Le procès de Renard
« Renard, levez-vous !
—Votre seigneurie.
—Ah non ! Cela suffit, fieffé coquin ! Je ne suis ni seigneur ni évêque. Je suis Maître Blaireau, juge des animaux par votation universelle et je mène les débats de justice entre les rivières de l’Our et de l’Adour. Donnez-moi encore une fois de la seigneurie et j’ordonne que l’on ceigne, moi, votre museau de lierre et de rosier ! »
Le président du tribunal se tourna vers la foule qui acquiesçait en silence.
« Oyez, oyez, peuple des bois et des marais. En ce jour de grâce de l’an 1715, Renard ici présent comparaît devant notre cour pour vol de fromage.
—Il a chu, votre seign…
—Suffit ! Bien mal acquis ne profite jamais et il faudra que vous vous acquittiez d’une peine juste et proportionnée à votre délit ! Maître Pic-Vert assurera la fonction d’avocat général et il semble que vous ayez choisi de vous défendre seul, ce qui n’étonnera personne dans cette honorable assemblée. Je vous laisse la parole, n’en abusez point et surtout ne nous abusez point.
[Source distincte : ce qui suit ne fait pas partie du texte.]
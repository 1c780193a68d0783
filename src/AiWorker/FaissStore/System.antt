-- ===== src/AiWorker/FaissStore/System.antt =====
-- Any number of processes over one STORE_DIR. Each has a `_lock` of its own, so their calls overlap:
-- a step is one reading of a file, one change in memory or one writing of a file, of any process.
use ai_document_analysis.Prelude.{
  ℕ, suc, subst, is_empty, ◌≡◌, ◌≢◌, refl, inl, inr, ◌⊎◌, true, false, Option, none, some, List, [],
  ◌∷◌, Text, nat-Eq, nat_eq, length, All, arith, Bool-cases, Option-cases, if◌then◌else◌,
}
use ai_document_analysis.Prelude.Dict.{Dict, lookup, insert, erase}
use ai_document_analysis.AiWorker.FaissStore.{
  same_mtimes, arange, accept, tag_all, matching_ids, erase_all, mtimes, load_or_create_index,
  load_metadata, save, add_loaded, delete_loaded, search_loaded, search_store,
}
use ai_document_analysis.AiWorker.FaissStore.Interface.{Faiss}
use ai_document_analysis.AiWorker.FaissStore.Search.{IsVisible, accept-IsVisible, All-search_loaded}
use ai_document_analysis.AiWorker.FaissStore.Types.{
  Meta, MetadataFile, valid, corrupt, Files, Store,
}

-- What a call of `add` was given.
pub record Added : Type 0 where
  pub document_id : Text
  pub owner : Text
  pub chunks : List Text

abbrev pub Among : {A : Type 0} → A → List A → Type 0
Among a [] = ⊥
Among a (b ∷ bs) = (b ≡ a) ⊎ Among a bs

-- An entry that one of the calls made.
pub record IsFrom (calls : List Added) (meta : Meta) : Type 0 where
  pub call : Added
  pub made : Among call calls
  pub document : meta.document_id ≡ call.document_id
  pub owned : meta.owner_id ≡ some call.owner
  pub chunk : Among meta.text call.chunks

abbrev pub AllFrom : List Added → Dict ℕ Meta → Type 0
AllFrom calls metadata = All (λ e. IsFrom calls e.1) metadata

pub record World (Index : Type 0) : Type 0 where
  pub stores : ℕ → Store Index
  pub files : Files Index
  pub calls : List Added

abbrev pub with_store : {Index : Type 0} → ℕ → Store Index → World Index → World Index
with_store p s w = record w { stores = λ q. if nat_eq p q then s else w.stores q }

-- Entries stay what they are when further calls are made.
more_calls :
    (call : Added) (calls : List Added) (metadata : Dict ℕ Meta)
    → AllFrom calls metadata
    → AllFrom (call ∷ calls) metadata
more_calls call calls [] h = tt
more_calls call calls (e ∷ metadata) h = (
  record {
    call = h.0.call;
    made = inr h.0.made;
    document = h.0.document;
    owned = h.0.owned;
    chunk = h.0.chunk;
  },
  more_calls call calls metadata h.1,
)

AllFrom-insert :
    (calls : List Added) (i : ℕ) (meta : Meta) (metadata : Dict ℕ Meta)
    → IsFrom calls meta
    → AllFrom calls metadata
    → AllFrom calls (insert i meta metadata)
AllFrom-insert calls i meta [] new h = (new, tt)
AllFrom-insert calls i meta ((j, m) ∷ metadata) new h = elim (Bool-cases (nat_eq j i)) [
  | inl same ↦ rw same (new, h.1)
  | inr other ↦ rw other (h.0, AllFrom-insert calls i meta metadata new h.1)
]

AllFrom-erase :
    (calls : List Added) (i : ℕ) (metadata : Dict ℕ Meta)
    → AllFrom calls metadata
    → AllFrom calls (erase i metadata)
AllFrom-erase calls i [] h = tt
AllFrom-erase calls i ((j, m) ∷ metadata) h = elim (Bool-cases (nat_eq j i)) [
  | inl same ↦ rw same (AllFrom-erase calls i metadata h.1)
  | inr other ↦ rw other (h.0, AllFrom-erase calls i metadata h.1)
]

AllFrom-erase_all :
    (calls : List Added) (ids : List ℕ) (metadata : Dict ℕ Meta)
    → AllFrom calls metadata
    → AllFrom calls (erase_all ids metadata)
unfolding erase_all
AllFrom-erase_all calls [] metadata h = h
AllFrom-erase_all calls (i ∷ ids) metadata h =
    AllFrom-erase_all calls ids (erase i metadata) (AllFrom-erase calls i metadata h)

AllFrom-lookup :
    (calls : List Added) (i : ℕ) (meta : Meta) (metadata : Dict ℕ Meta)
    → AllFrom calls metadata
    → lookup i metadata ≡ some meta
    → IsFrom calls meta
AllFrom-lookup calls i meta [] h e = cc e
AllFrom-lookup calls i meta ((j, m) ∷ metadata) h e = elim (Bool-cases (nat_eq j i)) [
  | inl same ↦ let e' : m ≡ meta = ground (arith, e, same) in subst (IsFrom calls) e' h.0
  | inr other ↦ AllFrom-lookup calls i meta metadata h.1 (ground (arith, e, other))
]
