-- ===== src/Autoscaler/Ceiling.antt =====
-- What a decision to grow rests on.
use asty.Common.{
  ◌≡◌, refl, ap, subst, Bool, true, false, Option, none, some, List, [], ◌∷◌, Text, arith,
  if◌then◌else◌, In, value_or, inl, inr, Bool-cases, In-keep,
}
use asty.Common.Int.{pos}
use asty.Common.Map.{has}
use asty.Types.Allocation.{ServiceAllocation, scale_up}
use asty.Types.Node.{NodeInfo, is_ready}
use asty.Types.Service.{ServiceDefinition}
use asty.Kv.Store.{Store}
use asty.Scheduler.Helpers.{Config, filter_healthy, node_ids_of, datacenter_counts}
use asty.Scheduler.Bounds.{In-pick_candidates}
use asty.Scheduler.Reconcile.{node_alloc_counts}
use asty.Autoscaler.Signals.{find_traffic, find_node_with_traffic, find_overloaded_alloc, first_of}
use asty.Autoscaler.Evaluate.{
  ScalingDecision, at_ceiling, evaluate_scale_up, relieve, pick_free_node, grow, gateway_traffic,
  exceeded_targets,
}

-- A place for a new copy: a node of the cluster that is ready and holds no live copy.
pub record IsFree (nodes : List NodeInfo) (live : List ServiceAllocation) (n : NodeInfo)
    : Type 0 where
  pub known : In n nodes
  pub is_up : is_ready n.status ≡ true
  pub unused : has n.id (node_ids_of live) ≡ false

find_traffic_lem :
    (traffic : NodeInfo → Bool) (nodes : List NodeInfo) (used : List Text) (n : NodeInfo)
    → find_traffic traffic nodes used ≡ some n
    → In n nodes × (is_ready n.status ≡ true) × (has n.id used ≡ false)
unfolding find_traffic
find_traffic_lem traffic [] used n e = cc
find_traffic_lem traffic (x ∷ ns) used n e =
    ground
      (arith, find_traffic_lem traffic ns used n, e, ap (λ (o : Option NodeInfo). value_or x o))

pub first_of-In : {A : Type 0} (xs : List A) (a : A) → first_of xs ≡ some a → In a xs
unfolding first_of
first_of-In [] a e = cc
first_of-In (x ∷ xs) a e = inl (ap (value_or x) e)

module _ {B : Type 0} (s : Store B) (cfg : Config) (traffic : NodeInfo → Bool)
    (svc : ServiceDefinition) (live : List ServiceAllocation) (nodes : List NodeInfo) where
  pick_free_node-IsFree :
      (b : B) (n : NodeInfo)
      → (pick_free_node s cfg traffic svc live nodes b).0 ≡ some n
      → IsFree nodes live n
  unfolding pick_free_node filter_healthy
  pick_free_node-IsFree b n e =
      let healthy = filter_healthy nodes in
      let occupied = node_ids_of live in
      let (up, free, room) =
        In-pick_candidates cfg svc.resources healthy occupied (datacenter_counts healthy occupied)
          (node_alloc_counts s cfg b).0 (pos 1) n (first_of-In _ n e) in
      let (is_up, known) = In-keep (λ x. is_ready x.status) n nodes up in
      record { known = known; is_up = is_up; unused = free }

  -- What a decision to grow is.
  abbrev pub Grows : ScalingDecision → Type 0
  Grows d = ((n : NodeInfo) × IsFree nodes live n × (d.target_node ≡ n.id)) × (d.action ≡ scale_up)

  grown_lem :
      (o : Option NodeInfo) (d : ScalingDecision)
      → ((n : NodeInfo) → o ≡ some n → IsFree nodes live n)
      → elim o as (λ x. Option ScalingDecision) [
        | none ↦ none
        | some n ↦ some (grow svc.name exceeded_targets n)
      ]
        ≡ some d
      → Grows d
  grown_lem none d h e = cc
  grown_lem (some n) d h e = subst Grows (ap (value_or d) e) ((n, h n refl, refl), refl)

  relieve-Grows :
      (o : Option ServiceAllocation) (b : B) (d : ScalingDecision)
      → (relieve s cfg traffic svc live nodes o b).0 ≡ some d
      → Grows d
  unfolding relieve
  relieve-Grows none b d e = cc
  relieve-Grows (some hot) b d e =
      grown_lem (pick_free_node s cfg traffic svc live nodes b).0 d (pick_free_node-IsFree b) e

  found_lem :
      (o : Option NodeInfo) (b : B) (d : ScalingDecision)
      → find_node_with_traffic traffic nodes live ≡ o
      → (elim o as (λ x. Option ScalingDecision × B) [
        | some n ↦ (some (grow svc.name gateway_traffic n), b)
        | none ↦ relieve s cfg traffic svc live nodes (find_overloaded_alloc cfg svc live) b
      ]).0
        ≡ some d
      → Grows d
  unfolding find_node_with_traffic
  found_lem none b d f e = relieve-Grows _ b d e
  found_lem (some n) b d f e =
      let (known, is_up, unused) = find_traffic_lem traffic nodes (node_ids_of live) n f in
      subst Grows (ap (value_or d) e)
        ((n, record { known = known; is_up = is_up; unused = unused }, refl), refl)

  -- A decision of `evaluateScaleUp` is to grow onto a ready node that holds no live copy, and is
  -- taken only below the configured maximum, where one is set.
  pub evaluate_scale_up_lem :
      (b : B) (d : ScalingDecision)
      → (evaluate_scale_up s cfg traffic svc live nodes b).0 ≡ some d
      → (at_ceiling cfg live ≡ false) × Grows d
  unfolding evaluate_scale_up
  evaluate_scale_up_lem b d e = elim (Bool-cases (at_ceiling cfg live)) [
    | inl full ↦ ground (arith, full, e)
    | inr below ↦ (below, found_lem _ b d refl (subst (λ c. (opened c).0 ≡ some d) below e))
  ]
    where
      opened : Bool → Option ScalingDecision × B
      opened c = if c then (none, b) else elim (find_node_with_traffic traffic nodes live) [
        | some n ↦ (some (grow svc.name gateway_traffic n), b)
        | none ↦ relieve s cfg traffic svc live nodes (find_overloaded_alloc cfg svc live) b
      ]
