-- ===== src/Types/Allocation/Cooldown.antt =====
-- The cooldown status that the dashboard shows, and which action it calls the last.
use asty.Common.{ℕ, ◌≡◌, ◌⊎◌, Option, none, some, max, arith, true, ◌↔◌}
use asty.Types.Allocation.{
  AllocationStatus, is_live, occupies, failed, ServiceCooldown, unix, status,
}

-- A slot is held by the live copies and, until they are pruned, by the failed ones.
pub occupies_iff :
    (s : AllocationStatus) → (occupies s ≡ true) ↔ ((is_live s ≡ true) ⊎ (s ≡ failed))
unfolding occupies is_live
occupies_iff s = (fwd s, bwd s)
  where
    fwd : (t : AllocationStatus) → occupies t ≡ true → (is_live t ≡ true) ⊎ (t ≡ failed)
    fwd t h = ground arith

    bwd : (t : AllocationStatus) → (is_live t ≡ true) ⊎ (t ≡ failed) → occupies t ≡ true
    bwd t h = ground arith

abbrev pub unix_or_zero : Option ℕ → ℕ
unix_or_zero none = 0
unix_or_zero (some t) = unix t

-- The time of the last action is the later of the two, in seconds.
pub status_last_action_at :
    (c : ServiceCooldown) (at up down : ℕ)
    → (status c at up down).last_action_at
      ≡ max (unix_or_zero c.last_scale_up) (unix_or_zero c.last_scale_down)
unfolding status
status_last_action_at c at up down = ground arith
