-- ===== src/Autoscaler/Cooling.antt =====
-- When the autoscaler leaves a service alone, and how that agrees with the dashboard's cooldown.
use asty.Common.{ℕ, ◌≡◌, ap, ◌∙◌, Bool, true, false, ◌||◌, some, List, arith, if◌then◌else◌, ◌⊎◌}
use asty.Types.Allocation.{ServiceAllocation, ServiceCooldown, status}
use asty.Types.Allocation.Cooldown.{unix_or_zero}
use asty.Types.Node.{NodeInfo}
use asty.Types.Service.{ServiceDefinition}
use asty.Kv.Store.{Store}
use asty.Kv.Allocations.{list_allocations}
use asty.Kv.Nodes.{list_nodes}
use asty.Kv.Cooldowns.{get_service_cooldown}
use asty.Scheduler.Helpers.{Config}
use asty.Autoscaler.Signals.{last_action_of, within_window}
use asty.Autoscaler.Evaluate.{
  decided, noop, after_rollback, deploying, evaluate_service, on_allocs, on_nodes, unless_held,
}

-- A service that the dashboard shows in a cooldown, of either kind, is in the autoscaler's, and the
-- dashboard's last action is the autoscaler's, in seconds.
pub within_window-status :
    (cfg : Config) (c : ServiceCooldown) (now : ℕ)
    → let st = status c now cfg.cooldown_up cfg.cooldown_down in
      ((((st.up_active || st.down_active) ≡ false)
          ⊎ (within_window cfg (last_action_of c) now ≡ true))
        × (st.last_action_at ≡ unix_or_zero (last_action_of c)))
unfolding status within_window last_action_of
within_window-status cfg c now = (ground arith, ground arith)

-- A service whose cooldown record says that a rollback failed or that a deployment is running is
-- left alone: the decision is to do nothing, and nothing is written.
pub evaluate_service-held :
    {B : Type 0} (s : Store B) (cfg : Config) (traffic : NodeInfo → Bool) (svc : ServiceDefinition)
    (b b₁ b₂ b₃ : B) (allocs : List ServiceAllocation) (nodes : List NodeInfo)
    (cd : ServiceCooldown)
    → list_allocations s svc.name b ≡ (some allocs, b₁)
    → list_nodes s b₁ ≡ (some nodes, b₂)
    → get_service_cooldown s svc.name b₂ ≡ (some cd, b₃)
    → (cd.rollback_failed || cd.deploy_in_progress) ≡ true
    → evaluate_service s cfg traffic svc b
      ≡ (decided (noop svc.name (if cd.rollback_failed then after_rollback else deploying)), b₃)
unfolding evaluate_service
evaluate_service-held s cfg traffic svc b b₁ b₂ b₃ allocs nodes cd p q r h =
    ap (on_allocs s cfg traffic svc) p
    ∙ ap (on_nodes s cfg traffic svc allocs) q
    ∙ ap (unless_held s cfg traffic svc allocs nodes) r
    ∙ ground (arith, h)
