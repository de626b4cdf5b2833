-- ===== src/Autoscaler/Execute.antt =====
-- `ExecuteScalingDecision` (autoscaler.go and execute.go of asty/internal/ops/autoscaler). The event
-- that goes out on the bus is returned; `PublishEvent` is not modelled.
use asty.Common.{ℕ, ◌+◌, Option, none, some, List, [], ◌∷◌, Text, length}
use asty.Common.Int.{ℤ, pos, sub_ℕ}
use asty.Types.Allocation.{
  ServiceAllocation, ScalingAction, scale_up, scale_down, scale_none, never,
}
use asty.Types.Service.{ServiceDefinition}
use asty.Kv.Store.{Store, KvError}
use asty.Kv.Allocations.{delete_allocation, list_allocations}
use asty.Kv.Cooldowns.{mark_scale_up, mark_scale_down}
use asty.Scheduler.Helpers.{Config, live_allocations}
use asty.Scheduler.Reconcile.{place}
use asty.Autoscaler.Evaluate.{ScalingDecision, Reason}

pub record ScalingEvent : Type 0 where
  pub service : Text
  pub action : ScalingAction
  pub reason : Reason
  pub from_count : ℤ
  pub to_count : ℕ
  pub node_id : Text

pub data ExecuteError : Type 0 where
  kv_failed : KvError → ExecuteError
  no_remove_node unknown_action : ExecuteError

-- Live copies in a list that may not have been read.
unfoldable pub live_count : Option (List ServiceAllocation) → ℕ
live_count none = 0
live_count (some allocs) = length (live_allocations allocs)

module _ {B : Type 0} (s : Store B) (cfg : Config) where
  -- The outcome: an error, or the event, and the state after the call.
  unfoldable pub grown :
      ScalingDecision
      → ServiceDefinition
      → Option KvError × B
      → (Option ExecuteError × Option ScalingEvent) × B
  unfolding live_count
  grown d svc (some e, b) = ((some (kv_failed e), none), b)
  grown d svc (none, b) =
      let (now, b₁) = s.now b in
      let (e, b₂) = mark_scale_up s svc.name (some now) b₁ in
      let (allocs, b₃) = list_allocations s svc.name b₂ in
      let count = live_count allocs in
      (
        (
          none,
          some (record {
            service = svc.name;
            action = scale_up;
            reason = d.reason;
            from_count = sub_ℕ count 1;
            to_count = count;
            node_id = d.target_node;
          }),
        ),
        b₃,
      )

  unfoldable pub shrunk :
      ScalingDecision
      → ServiceDefinition
      → Option KvError × B
      → (Option ExecuteError × Option ScalingEvent) × B
  unfolding live_count
  shrunk d svc (some e, b) = ((some (kv_failed e), none), b)
  shrunk d svc (none, b) =
      let (now, b₁) = s.now b in
      let (e, b₂) = mark_scale_down s svc.name (some now) b₁ in
      let (allocs, b₃) = list_allocations s svc.name b₂ in
      let count = live_count allocs in
      (
        (
          none,
          some (record {
            service = svc.name;
            action = scale_down;
            reason = d.reason;
            from_count = pos (count + 1);
            to_count = count;
            node_id = d.remove_node;
          }),
        ),
        b₃,
      )

  unfoldable pub execute_scale_up :
      ScalingDecision → ServiceDefinition → B → (Option ExecuteError × Option ScalingEvent) × B
  unfolding grown
  execute_scale_up d svc b = grown d svc (place s cfg svc d.target_node b)

  unfoldable pub execute_scale_down :
      ScalingDecision → ServiceDefinition → B → (Option ExecuteError × Option ScalingEvent) × B
  unfolding shrunk
  execute_scale_down d svc b = elim d.remove_node [
    | [] ↦ ((some no_remove_node, none), b)
    | c ∷ t ↦ shrunk d svc (delete_allocation s svc.name (c ∷ t) b)
  ]

  unfoldable pub by_action :
      ScalingAction
      → ScalingDecision
      → ServiceDefinition
      → B
      → (Option ExecuteError × Option ScalingEvent) × B
  unfolding execute_scale_up execute_scale_down
  by_action scale_up d svc b = execute_scale_up d svc b
  by_action scale_down d svc b = execute_scale_down d svc b
  by_action scale_none d svc b = ((none, none), b)
  by_action never d svc b = ((some unknown_action, none), b)

  unfoldable pub execute_scaling_decision :
      ScalingDecision → ServiceDefinition → B → (Option ExecuteError × Option ScalingEvent) × B
  unfolding by_action
  execute_scaling_decision d svc b = by_action d.action d svc b
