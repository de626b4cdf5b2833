-- ===== src/Scheduler/Greedy.antt =====
-- `PickCandidates` is the greedy choice by its comparator.
use asty.Common.{
  ℕ, zero, suc, ◌≡◌, true, false, ◌||◌, List, [], ◌∷◌, Text, before, ◌==◌, if◌then◌else◌, length,
  arith, before_irrefl, before_trans, before_total, All,
}
use asty.Common.Int.{ℤ, pos, leb_ℤ, negsuc, pos_part}
use asty.Common.Map.{Map, bump}
use asty.Common.Sort.{sort, Sorted, IsLess, Sorted-sort, sort-perm, length-sort}
use asty.Types.Node.{NodeInfo}
use asty.Types.Service.{Resources}
use asty.Scheduler.Helpers.{Config, datacenter_of}
use asty.Scheduler.Candidates.{candidate_less, picks, pick_first, pick_candidates, eligible_nodes}
use mathlib.Core.List.{Perm}

pub before_asym : (a b : Text) → before a b ≡ true → before b a ≡ false
before_asym a b h = ground (arith, before_trans a b a h, before_irrefl a)

pub before_below : (a b c : Text) → before b a ≡ false → before c b ≡ false → before c a ≡ false
before_below a b c h k = ground (
  arith,
  before_total a b,
  before_total b c,
  before_trans a b c,
  before_trans c a b,
  before_trans b c a,
  before_irrefl a,
  h,
  k,
)

candidate_less-IsLess : (working packing : Map ℕ) → IsLess (candidate_less working packing)
unfolding candidate_less
candidate_less-IsLess working packing = record {
  asym = λ x y h. ground (arith, before_asym x.id y.id);
  below = λ x y z h k. ground (arith, before_below x.id y.id z.id);
}

-- A choice of nodes one by one: each is not after any node that is left by the comparator, which
-- counts the nodes that were chosen before. The choice ends when enough are chosen or none is left.
pub data Greedy : ℕ → Map ℕ → Map ℕ → List NodeInfo → List NodeInfo → Type 0 where
  enough : {w p : Map ℕ} {free : List NodeInfo} → Greedy zero w p free []
  none_left : {n : ℕ} {w p : Map ℕ} → Greedy n w p [] []
  pick :
      {n : ℕ} {w p : Map ℕ} {free : List NodeInfo} {chosen : List NodeInfo} (x : NodeInfo)
      (rest : List NodeInfo)
      → Perm (x ∷ rest) free
      → All (λ y. candidate_less w p y x ≡ false) rest
      → Greedy n (bump (datacenter_of x) 1 w) (bump x.id 1 p) rest chosen
      → Greedy (suc n) w p free (x ∷ chosen)

pick_first-Greedy :
    (n : ℕ) (w p : Map ℕ) (free sorted : List NodeInfo)
    → ((f : List NodeInfo) (w' p' : Map ℕ) → Greedy n w' p' f (picks n f w' p'))
    → Perm sorted free
    → length sorted ≡ length free
    → Sorted (candidate_less w p) sorted
    → Greedy (suc n) w p free (pick_first (picks n) w p sorted)
unfolding pick_first
pick_first-Greedy n w p [] [] ih e l s = none_left
pick_first-Greedy n w p (x ∷ free) [] ih e l s = absurd (omega arith)
pick_first-Greedy n w p free (x ∷ rest) ih e l s =
    pick x rest e s.0 (ih rest (bump (datacenter_of x) 1 w) (bump x.id 1 p))

picks-Greedy : (n : ℕ) (free : List NodeInfo) (w p : Map ℕ) → Greedy n w p free (picks n free w p)
unfolding picks
picks-Greedy zero free w p = enough
picks-Greedy (suc n) free w p =
    pick_first-Greedy n w p free (sort (candidate_less w p) free) (picks-Greedy n)
      (sort-perm (candidate_less w p) free) (length-sort (candidate_less w p) free)
      (Sorted-sort (candidate_less w p) (candidate_less-IsLess w p) free)

some_left : (x : NodeInfo) (xs : List NodeInfo) → (length (x ∷ xs) == 0) ≡ false
some_left x xs = ground arith

-- The nodes that `PickCandidates` returns are such a choice among the eligible nodes, of as many as
-- are needed.
pub pick_candidates-Greedy :
    (cfg : Config) (required : Resources) (healthy : List NodeInfo) (occupied : List Text)
    (dc_counts alloc_counts : Map ℕ) (needed : ℤ)
    → Greedy
        (pos_part needed)
        dc_counts
        alloc_counts
        (eligible_nodes cfg required healthy occupied)
        (pick_candidates cfg required healthy occupied dc_counts alloc_counts needed)
unfolding pick_candidates
pick_candidates-Greedy cfg required healthy occupied dc_counts alloc_counts needed =
    guarded (eligible_nodes cfg required healthy occupied) needed
  where
    guarded :
        (free : List NodeInfo) (n : ℤ)
        → Greedy (pos_part n) dc_counts alloc_counts free (
            if length free == 0 || leb_ℤ n (pos 0)
            then []
            else picks (pos_part n) free dc_counts alloc_counts)
    guarded [] n = none_left
    guarded (x ∷ free) (negsuc k) =
        rw (some_left x free, (let e : leb_ℤ (negsuc k) (pos 0) ≡ true = ground arith in e)) enough
    guarded (x ∷ free) (pos zero) = rw (some_left x free) enough
    guarded (x ∷ free) (pos (suc k)) =
        rw (some_left x free, (let e : leb_ℤ (pos (suc k)) (pos 0) ≡ false = ground arith in e))
          (picks-Greedy (suc k) (x ∷ free) dc_counts alloc_counts)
—Ce lundi, commença Renard d’une voix sirupeuse, je vaquais de-ci de-là dans le bois de la coulemelle quand j’aperçus Corbeau tout en haut de son chêne. Comme à son habitude, ce stupide volatile imbu de sa personne feignit de m’ignorer. Savez-vous, votre seign…Maître Blaireau, que Corbeau méprise ceux qui n’atteignent point les nuages ; les sans-ailes persifle-t-il à la moindre occasion.
—C’est un mensonge ! clama Maître Pic-Vert. Corbeau est le plus affable des compagnons et ce fourbe personnage veut le discréditer !
—Continuez, Maître Renard, reprit le juge, mais soyez concis, bref et précis.
—Je ne désirais en aucune façon vous induire en erreur. Je connais votre sagacité, la pertinence de vos jugements, la…
—Suffit ! Continuez !
—Euh, bien. Je découvre Corbeau, disais-je, en haut de son arbre, un coulant dans le bec. À vue d’œil -et j’ai la vue perçante- une vue de lynx me félicitait pas plus tard qu’il y a six mois…
—Maître Blaireau, s’écria le Pic-Vert, vous me pardonnerez l’expression mais il faudrait que Renard cesse de couper les poils en quatre, sinon nous serons encore présents à la nuit tombée ! Bien que parfois rude, je reste toujours courtois, mais la vérité m'oblige à vous le dire : ce Renard commence à me les briser menu !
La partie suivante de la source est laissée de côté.